PROBLEM >>
From the data underneath, reproduce exactly the stretch that begins at the line with "none ↦ use_found token c w" and ends after the line with "get_active_policy type val".

[Data extracted from a collection]
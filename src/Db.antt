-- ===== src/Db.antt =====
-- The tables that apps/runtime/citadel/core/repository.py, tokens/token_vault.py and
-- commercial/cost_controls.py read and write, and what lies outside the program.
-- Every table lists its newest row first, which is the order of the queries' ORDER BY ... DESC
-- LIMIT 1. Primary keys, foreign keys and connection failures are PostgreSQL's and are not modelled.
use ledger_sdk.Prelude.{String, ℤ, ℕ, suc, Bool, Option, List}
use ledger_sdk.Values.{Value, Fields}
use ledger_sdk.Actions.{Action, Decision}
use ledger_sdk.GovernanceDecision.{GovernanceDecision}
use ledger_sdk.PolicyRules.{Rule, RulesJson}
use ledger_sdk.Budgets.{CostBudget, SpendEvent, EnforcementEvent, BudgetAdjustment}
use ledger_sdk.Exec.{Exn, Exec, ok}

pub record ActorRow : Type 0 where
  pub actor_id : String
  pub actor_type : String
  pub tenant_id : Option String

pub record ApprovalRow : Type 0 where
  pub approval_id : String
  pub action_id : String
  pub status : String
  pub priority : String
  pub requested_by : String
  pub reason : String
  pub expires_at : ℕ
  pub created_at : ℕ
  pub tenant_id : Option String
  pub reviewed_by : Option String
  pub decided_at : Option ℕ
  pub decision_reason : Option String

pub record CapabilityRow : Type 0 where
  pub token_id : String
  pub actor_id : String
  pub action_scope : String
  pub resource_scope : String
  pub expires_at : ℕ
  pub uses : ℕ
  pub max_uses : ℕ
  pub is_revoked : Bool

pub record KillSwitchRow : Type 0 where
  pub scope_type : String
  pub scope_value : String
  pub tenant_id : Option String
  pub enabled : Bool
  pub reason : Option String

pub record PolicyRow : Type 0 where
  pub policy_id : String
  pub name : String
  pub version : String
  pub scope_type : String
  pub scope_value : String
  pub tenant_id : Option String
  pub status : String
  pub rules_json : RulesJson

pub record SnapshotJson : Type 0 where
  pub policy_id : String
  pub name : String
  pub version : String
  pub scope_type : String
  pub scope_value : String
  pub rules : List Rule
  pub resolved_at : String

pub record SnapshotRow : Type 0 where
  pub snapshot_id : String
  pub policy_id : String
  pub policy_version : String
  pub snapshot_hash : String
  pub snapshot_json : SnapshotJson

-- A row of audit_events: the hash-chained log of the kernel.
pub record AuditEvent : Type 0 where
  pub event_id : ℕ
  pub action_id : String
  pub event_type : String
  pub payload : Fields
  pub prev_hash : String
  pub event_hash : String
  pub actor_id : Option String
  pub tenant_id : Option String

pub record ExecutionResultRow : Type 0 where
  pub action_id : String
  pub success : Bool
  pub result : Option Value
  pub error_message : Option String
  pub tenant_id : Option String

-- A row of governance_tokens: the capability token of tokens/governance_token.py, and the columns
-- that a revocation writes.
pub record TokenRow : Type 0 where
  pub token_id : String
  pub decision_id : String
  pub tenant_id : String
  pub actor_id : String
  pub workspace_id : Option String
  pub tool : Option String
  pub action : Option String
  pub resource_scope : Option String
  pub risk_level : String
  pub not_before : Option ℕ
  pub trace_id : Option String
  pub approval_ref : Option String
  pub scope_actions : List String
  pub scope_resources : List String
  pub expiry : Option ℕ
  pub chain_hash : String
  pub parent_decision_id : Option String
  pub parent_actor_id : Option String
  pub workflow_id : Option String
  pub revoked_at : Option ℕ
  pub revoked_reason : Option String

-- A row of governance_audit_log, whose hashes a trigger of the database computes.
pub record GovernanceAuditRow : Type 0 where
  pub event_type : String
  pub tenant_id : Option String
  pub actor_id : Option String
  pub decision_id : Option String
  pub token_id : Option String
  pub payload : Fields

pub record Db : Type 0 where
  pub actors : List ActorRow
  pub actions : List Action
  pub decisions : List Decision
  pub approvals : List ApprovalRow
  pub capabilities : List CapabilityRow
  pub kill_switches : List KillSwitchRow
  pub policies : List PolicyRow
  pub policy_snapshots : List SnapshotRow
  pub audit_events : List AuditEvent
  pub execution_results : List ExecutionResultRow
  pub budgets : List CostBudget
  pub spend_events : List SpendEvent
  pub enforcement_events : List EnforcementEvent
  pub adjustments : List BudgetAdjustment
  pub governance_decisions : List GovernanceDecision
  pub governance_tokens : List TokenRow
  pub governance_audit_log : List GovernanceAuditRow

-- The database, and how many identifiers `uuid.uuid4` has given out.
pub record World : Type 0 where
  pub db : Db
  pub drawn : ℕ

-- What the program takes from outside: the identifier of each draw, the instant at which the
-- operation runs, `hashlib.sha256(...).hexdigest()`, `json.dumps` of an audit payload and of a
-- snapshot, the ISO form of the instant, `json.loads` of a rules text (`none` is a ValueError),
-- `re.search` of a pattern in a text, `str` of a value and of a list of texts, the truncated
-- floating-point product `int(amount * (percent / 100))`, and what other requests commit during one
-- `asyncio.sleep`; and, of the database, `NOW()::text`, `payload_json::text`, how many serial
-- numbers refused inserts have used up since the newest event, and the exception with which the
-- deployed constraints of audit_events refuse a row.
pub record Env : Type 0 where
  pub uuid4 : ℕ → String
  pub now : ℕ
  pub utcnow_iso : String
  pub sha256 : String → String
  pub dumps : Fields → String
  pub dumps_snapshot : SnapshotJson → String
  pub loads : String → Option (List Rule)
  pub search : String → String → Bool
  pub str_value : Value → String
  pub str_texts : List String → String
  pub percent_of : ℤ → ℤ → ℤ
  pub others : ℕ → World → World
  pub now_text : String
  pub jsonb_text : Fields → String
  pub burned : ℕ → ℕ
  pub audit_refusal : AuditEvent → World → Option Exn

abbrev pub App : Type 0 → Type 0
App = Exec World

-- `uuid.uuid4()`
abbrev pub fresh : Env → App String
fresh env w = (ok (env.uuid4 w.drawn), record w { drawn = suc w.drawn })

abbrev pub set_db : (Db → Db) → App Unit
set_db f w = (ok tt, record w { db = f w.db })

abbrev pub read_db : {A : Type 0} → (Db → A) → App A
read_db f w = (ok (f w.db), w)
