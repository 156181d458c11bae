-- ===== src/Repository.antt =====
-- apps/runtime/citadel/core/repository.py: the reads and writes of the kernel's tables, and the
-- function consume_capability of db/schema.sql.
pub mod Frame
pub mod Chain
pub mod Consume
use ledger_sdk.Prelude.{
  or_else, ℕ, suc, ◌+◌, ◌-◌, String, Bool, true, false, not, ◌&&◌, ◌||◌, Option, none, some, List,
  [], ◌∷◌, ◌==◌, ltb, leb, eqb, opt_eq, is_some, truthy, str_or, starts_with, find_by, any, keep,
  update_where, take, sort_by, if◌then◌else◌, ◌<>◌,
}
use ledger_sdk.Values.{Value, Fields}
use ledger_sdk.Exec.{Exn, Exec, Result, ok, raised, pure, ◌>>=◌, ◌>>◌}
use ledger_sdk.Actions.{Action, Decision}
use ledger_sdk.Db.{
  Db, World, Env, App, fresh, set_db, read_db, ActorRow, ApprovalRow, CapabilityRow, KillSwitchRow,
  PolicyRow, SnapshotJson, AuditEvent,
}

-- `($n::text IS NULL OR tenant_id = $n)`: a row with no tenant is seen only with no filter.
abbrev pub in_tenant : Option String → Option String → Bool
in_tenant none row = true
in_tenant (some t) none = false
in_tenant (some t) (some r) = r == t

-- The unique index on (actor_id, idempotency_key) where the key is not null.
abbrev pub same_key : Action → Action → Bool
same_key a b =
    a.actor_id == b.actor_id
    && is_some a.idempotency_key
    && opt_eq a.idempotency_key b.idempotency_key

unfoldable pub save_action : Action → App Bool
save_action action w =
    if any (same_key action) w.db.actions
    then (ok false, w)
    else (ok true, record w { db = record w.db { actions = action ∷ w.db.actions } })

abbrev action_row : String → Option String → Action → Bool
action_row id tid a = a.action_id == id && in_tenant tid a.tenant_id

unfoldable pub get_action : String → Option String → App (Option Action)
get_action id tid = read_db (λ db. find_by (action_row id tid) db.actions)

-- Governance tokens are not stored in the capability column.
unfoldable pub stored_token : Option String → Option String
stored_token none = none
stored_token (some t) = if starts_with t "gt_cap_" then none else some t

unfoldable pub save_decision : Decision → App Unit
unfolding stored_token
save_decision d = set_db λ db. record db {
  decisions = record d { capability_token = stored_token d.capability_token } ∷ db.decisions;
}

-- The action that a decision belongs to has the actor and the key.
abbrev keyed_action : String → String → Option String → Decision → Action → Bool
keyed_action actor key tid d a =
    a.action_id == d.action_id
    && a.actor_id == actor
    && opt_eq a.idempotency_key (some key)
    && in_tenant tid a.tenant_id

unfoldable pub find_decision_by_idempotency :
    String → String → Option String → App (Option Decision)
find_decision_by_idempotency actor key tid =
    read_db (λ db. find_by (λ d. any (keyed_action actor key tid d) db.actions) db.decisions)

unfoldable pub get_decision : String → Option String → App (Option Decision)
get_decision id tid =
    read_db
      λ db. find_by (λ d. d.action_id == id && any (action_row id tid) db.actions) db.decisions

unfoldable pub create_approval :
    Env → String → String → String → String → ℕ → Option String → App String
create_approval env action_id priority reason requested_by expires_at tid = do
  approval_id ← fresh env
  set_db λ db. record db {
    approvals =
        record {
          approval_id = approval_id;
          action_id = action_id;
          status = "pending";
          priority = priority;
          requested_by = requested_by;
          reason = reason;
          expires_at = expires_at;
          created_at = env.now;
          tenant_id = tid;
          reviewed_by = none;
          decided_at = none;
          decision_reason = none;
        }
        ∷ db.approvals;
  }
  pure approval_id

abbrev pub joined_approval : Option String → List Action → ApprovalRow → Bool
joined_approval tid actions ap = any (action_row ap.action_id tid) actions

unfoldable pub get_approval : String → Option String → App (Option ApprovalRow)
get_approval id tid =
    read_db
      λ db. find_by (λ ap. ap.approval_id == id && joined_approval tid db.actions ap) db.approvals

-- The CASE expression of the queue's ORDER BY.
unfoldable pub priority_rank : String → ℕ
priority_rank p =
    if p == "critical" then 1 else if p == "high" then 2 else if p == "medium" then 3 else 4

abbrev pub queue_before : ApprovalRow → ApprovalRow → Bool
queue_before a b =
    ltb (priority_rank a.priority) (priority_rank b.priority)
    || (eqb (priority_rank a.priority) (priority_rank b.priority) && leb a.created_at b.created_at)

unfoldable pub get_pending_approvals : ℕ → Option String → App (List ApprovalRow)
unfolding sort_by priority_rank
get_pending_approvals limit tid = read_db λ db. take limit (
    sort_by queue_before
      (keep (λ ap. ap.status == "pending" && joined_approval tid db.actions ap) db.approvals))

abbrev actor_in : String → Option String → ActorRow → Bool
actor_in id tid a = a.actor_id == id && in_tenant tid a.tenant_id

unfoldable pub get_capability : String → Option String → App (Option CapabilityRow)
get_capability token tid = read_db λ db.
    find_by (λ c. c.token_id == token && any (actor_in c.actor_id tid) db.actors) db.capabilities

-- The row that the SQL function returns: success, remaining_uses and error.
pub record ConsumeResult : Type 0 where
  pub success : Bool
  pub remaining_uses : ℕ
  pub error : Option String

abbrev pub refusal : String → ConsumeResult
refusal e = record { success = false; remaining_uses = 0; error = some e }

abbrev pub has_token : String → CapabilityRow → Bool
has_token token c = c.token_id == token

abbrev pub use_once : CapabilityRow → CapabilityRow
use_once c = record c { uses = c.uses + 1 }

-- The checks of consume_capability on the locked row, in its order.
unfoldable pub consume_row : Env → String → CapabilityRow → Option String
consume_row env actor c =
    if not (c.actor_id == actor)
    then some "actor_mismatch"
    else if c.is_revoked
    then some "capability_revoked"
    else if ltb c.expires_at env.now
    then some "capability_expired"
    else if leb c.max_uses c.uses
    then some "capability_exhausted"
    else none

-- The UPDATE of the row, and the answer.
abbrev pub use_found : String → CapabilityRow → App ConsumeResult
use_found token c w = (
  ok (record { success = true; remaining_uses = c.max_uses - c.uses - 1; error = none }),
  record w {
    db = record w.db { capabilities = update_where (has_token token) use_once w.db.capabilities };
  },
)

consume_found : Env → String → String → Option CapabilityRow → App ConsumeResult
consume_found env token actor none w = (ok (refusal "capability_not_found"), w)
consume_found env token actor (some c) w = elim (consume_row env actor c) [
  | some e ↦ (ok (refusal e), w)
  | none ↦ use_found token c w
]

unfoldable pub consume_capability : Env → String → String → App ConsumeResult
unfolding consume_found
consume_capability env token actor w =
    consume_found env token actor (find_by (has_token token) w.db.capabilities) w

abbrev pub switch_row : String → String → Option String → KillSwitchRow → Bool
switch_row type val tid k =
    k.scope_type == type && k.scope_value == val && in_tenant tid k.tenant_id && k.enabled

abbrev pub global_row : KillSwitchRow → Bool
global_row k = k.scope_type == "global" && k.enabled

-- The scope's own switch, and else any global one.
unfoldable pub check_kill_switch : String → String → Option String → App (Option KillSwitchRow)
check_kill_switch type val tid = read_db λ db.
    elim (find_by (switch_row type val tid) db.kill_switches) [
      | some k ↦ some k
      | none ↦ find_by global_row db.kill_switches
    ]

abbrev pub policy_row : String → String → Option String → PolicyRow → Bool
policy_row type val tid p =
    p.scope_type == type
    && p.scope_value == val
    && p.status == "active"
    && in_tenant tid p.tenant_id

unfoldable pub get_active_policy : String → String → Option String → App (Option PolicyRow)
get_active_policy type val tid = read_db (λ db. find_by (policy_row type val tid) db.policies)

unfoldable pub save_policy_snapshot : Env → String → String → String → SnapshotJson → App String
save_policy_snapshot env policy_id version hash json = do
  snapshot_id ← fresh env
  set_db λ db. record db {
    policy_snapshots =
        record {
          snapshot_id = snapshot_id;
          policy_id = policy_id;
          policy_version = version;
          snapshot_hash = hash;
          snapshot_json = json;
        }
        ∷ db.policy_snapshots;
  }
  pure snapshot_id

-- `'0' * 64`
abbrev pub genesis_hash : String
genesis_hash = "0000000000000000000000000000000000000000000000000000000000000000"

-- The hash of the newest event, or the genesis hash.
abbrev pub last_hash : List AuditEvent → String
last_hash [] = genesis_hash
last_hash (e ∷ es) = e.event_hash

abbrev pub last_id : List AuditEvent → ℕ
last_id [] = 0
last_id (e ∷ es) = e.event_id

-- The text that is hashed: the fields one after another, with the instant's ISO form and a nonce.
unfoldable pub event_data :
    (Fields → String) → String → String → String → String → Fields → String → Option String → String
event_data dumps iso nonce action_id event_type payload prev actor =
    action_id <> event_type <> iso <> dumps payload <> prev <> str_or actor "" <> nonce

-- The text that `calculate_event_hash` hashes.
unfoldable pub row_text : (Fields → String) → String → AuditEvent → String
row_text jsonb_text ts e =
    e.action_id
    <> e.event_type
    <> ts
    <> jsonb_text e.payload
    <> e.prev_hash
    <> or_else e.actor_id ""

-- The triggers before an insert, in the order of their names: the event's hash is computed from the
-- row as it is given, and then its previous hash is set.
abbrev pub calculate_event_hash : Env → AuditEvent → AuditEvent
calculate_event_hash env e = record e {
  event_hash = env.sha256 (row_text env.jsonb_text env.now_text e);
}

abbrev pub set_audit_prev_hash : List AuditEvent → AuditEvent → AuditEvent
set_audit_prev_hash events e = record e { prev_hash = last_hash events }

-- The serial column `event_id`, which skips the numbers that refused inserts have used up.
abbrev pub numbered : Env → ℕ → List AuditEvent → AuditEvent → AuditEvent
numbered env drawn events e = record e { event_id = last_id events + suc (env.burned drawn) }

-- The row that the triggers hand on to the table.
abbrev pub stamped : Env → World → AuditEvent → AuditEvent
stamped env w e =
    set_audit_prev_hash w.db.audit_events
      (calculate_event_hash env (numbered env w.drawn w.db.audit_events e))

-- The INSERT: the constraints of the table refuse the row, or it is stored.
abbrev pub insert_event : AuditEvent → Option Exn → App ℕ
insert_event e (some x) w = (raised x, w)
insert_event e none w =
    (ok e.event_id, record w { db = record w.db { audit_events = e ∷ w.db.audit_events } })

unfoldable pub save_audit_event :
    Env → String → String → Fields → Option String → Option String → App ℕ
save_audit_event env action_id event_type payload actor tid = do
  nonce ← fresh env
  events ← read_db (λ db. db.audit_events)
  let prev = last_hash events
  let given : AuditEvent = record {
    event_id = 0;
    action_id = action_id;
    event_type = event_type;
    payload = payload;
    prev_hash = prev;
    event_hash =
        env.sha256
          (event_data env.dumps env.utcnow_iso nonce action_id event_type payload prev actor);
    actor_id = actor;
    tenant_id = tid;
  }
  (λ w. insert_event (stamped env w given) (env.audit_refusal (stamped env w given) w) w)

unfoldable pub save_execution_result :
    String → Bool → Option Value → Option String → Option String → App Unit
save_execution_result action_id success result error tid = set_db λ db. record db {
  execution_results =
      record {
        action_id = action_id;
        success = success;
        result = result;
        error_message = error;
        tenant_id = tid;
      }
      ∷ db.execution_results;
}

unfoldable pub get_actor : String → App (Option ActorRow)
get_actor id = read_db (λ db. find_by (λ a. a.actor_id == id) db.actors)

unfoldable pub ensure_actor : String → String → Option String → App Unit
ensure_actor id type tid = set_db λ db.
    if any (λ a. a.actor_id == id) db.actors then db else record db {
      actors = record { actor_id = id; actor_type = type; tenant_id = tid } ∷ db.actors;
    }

SOLUTION TO THIS TASK >>
  | none ↦ use_found token c w
]

unfoldable pub consume_capability : Env → String → String → App ConsumeResult
unfolding consume_found
consume_capability env token actor w =
    consume_found env token actor (find_by (has_token token) w.db.capabilities) w

abbrev pub switch_row : String → String → Option String → KillSwitchRow → Bool
switch_row type val tid k =
    k.scope_type == type && k.scope_value == val && in_tenant tid k.tenant_id && k.enabled

abbrev pub global_row : KillSwitchRow → Bool
global_row k = k.scope_type == "global" && k.enabled

-- The scope's own switch, and else any global one.
unfoldable pub check_kill_switch : String → String → Option String → App (Option KillSwitchRow)
check_kill_switch type val tid = read_db λ db.
    elim (find_by (switch_row type val tid) db.kill_switches) [
      | some k ↦ some k
      | none ↦ find_by global_row db.kill_switches
    ]

abbrev pub policy_row : String → String → Option String → PolicyRow → Bool
policy_row type val tid p =
    p.scope_type == type
    && p.scope_value == val
    && p.status == "active"
    && in_tenant tid p.tenant_id

unfoldable pub get_active_policy : String → String → Option String → App (Option PolicyRow)
get_active_policy type val tid = read_db (λ db. find_by (policy_row type val tid) db.policies)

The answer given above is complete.